■ **Exercise**
Reproduce the records below exactly, but only between the lines holding "pub status : Option String" and "unfolding is_tool_running is_terminal_finish_reason", inclusive.
Data extract Start Marker
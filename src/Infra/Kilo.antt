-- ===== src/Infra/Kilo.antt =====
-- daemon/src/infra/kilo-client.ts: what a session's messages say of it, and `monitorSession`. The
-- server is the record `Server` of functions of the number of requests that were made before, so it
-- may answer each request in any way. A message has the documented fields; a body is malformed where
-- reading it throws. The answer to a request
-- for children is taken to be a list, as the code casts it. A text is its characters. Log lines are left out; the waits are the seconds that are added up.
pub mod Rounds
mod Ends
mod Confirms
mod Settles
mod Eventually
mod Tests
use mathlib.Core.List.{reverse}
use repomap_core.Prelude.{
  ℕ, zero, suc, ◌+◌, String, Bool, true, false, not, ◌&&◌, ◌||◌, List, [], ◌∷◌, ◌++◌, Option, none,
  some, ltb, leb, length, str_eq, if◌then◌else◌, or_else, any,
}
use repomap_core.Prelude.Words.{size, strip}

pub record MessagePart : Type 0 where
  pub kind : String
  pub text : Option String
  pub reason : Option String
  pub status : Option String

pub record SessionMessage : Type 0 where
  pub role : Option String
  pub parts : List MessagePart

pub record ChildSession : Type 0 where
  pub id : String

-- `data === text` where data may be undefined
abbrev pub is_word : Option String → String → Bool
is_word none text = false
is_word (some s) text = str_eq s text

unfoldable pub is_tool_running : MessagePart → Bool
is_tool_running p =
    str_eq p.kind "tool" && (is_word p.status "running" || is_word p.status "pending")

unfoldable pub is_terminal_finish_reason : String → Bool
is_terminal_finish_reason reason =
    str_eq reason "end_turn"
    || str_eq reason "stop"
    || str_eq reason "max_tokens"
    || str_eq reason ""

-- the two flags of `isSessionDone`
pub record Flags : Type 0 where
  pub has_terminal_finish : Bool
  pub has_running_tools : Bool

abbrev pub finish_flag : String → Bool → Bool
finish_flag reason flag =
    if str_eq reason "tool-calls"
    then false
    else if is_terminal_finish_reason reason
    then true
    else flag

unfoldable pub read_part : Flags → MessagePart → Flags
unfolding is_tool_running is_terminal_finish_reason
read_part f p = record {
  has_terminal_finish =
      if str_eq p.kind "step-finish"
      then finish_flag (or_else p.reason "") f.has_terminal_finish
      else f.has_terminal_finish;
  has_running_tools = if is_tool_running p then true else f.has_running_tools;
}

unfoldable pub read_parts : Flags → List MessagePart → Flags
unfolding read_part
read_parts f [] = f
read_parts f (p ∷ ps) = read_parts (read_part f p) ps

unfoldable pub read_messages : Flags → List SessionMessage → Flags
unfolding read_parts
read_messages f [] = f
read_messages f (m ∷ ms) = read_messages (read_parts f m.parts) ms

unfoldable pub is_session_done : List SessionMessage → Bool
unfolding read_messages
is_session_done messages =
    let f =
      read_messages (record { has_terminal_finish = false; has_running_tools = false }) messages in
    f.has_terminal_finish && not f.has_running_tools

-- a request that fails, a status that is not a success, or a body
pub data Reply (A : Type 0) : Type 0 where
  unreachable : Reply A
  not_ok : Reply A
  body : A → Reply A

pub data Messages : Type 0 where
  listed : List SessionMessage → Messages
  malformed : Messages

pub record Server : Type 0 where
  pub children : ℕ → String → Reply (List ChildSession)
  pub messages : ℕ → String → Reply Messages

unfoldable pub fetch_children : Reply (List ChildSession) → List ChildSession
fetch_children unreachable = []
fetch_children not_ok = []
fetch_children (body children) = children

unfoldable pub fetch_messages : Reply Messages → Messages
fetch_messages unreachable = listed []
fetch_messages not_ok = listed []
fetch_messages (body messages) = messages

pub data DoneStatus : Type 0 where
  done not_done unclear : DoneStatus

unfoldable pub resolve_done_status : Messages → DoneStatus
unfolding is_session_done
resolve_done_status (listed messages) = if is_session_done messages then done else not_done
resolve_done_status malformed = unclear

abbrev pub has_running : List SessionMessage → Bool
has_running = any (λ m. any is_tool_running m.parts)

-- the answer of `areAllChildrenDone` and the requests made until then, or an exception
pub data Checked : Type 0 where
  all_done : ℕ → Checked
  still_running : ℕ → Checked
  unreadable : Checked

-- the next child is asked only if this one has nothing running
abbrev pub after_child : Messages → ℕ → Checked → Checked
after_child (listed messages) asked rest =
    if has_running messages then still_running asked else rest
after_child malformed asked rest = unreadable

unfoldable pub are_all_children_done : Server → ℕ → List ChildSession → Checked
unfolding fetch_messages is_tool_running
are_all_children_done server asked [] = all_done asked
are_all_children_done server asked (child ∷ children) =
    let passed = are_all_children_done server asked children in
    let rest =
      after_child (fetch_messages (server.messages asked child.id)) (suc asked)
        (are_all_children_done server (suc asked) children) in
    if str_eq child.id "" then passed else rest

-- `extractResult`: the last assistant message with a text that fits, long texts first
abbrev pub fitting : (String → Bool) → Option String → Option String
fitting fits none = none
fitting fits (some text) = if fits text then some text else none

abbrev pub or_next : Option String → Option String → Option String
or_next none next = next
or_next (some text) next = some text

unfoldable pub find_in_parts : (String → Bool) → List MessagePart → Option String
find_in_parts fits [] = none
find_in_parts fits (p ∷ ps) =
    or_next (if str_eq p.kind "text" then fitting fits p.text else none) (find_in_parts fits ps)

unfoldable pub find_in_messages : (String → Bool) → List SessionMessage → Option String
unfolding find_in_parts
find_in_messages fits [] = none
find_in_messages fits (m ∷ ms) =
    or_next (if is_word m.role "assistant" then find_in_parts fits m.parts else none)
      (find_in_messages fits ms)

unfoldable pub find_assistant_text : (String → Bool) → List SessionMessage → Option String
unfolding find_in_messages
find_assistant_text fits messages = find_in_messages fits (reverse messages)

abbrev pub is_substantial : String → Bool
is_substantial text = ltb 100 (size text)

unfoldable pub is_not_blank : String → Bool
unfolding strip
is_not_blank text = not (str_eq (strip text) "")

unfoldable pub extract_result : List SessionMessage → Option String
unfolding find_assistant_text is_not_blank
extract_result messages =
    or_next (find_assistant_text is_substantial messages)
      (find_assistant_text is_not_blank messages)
Data extract End Marker
■ **Expected output**
  pub status : Option String

pub record SessionMessage : Type 0 where
  pub role : Option String
  pub parts : List MessagePart

pub record ChildSession : Type 0 where
  pub id : String

-- `data === text` where data may be undefined
abbrev pub is_word : Option String → String → Bool
is_word none text = false
is_word (some s) text = str_eq s text

unfoldable pub is_tool_running : MessagePart → Bool
is_tool_running p =
    str_eq p.kind "tool" && (is_word p.status "running" || is_word p.status "pending")

unfoldable pub is_terminal_finish_reason : String → Bool
is_terminal_finish_reason reason =
    str_eq reason "end_turn"
    || str_eq reason "stop"
    || str_eq reason "max_tokens"
    || str_eq reason ""

-- the two flags of `isSessionDone`
pub record Flags : Type 0 where
  pub has_terminal_finish : Bool
  pub has_running_tools : Bool

abbrev pub finish_flag : String → Bool → Bool
finish_flag reason flag =
    if str_eq reason "tool-calls"
    then false
    else if is_terminal_finish_reason reason
    then true
    else flag

unfoldable pub read_part : Flags → MessagePart → Flags
unfolding is_tool_running is_terminal_finish_reason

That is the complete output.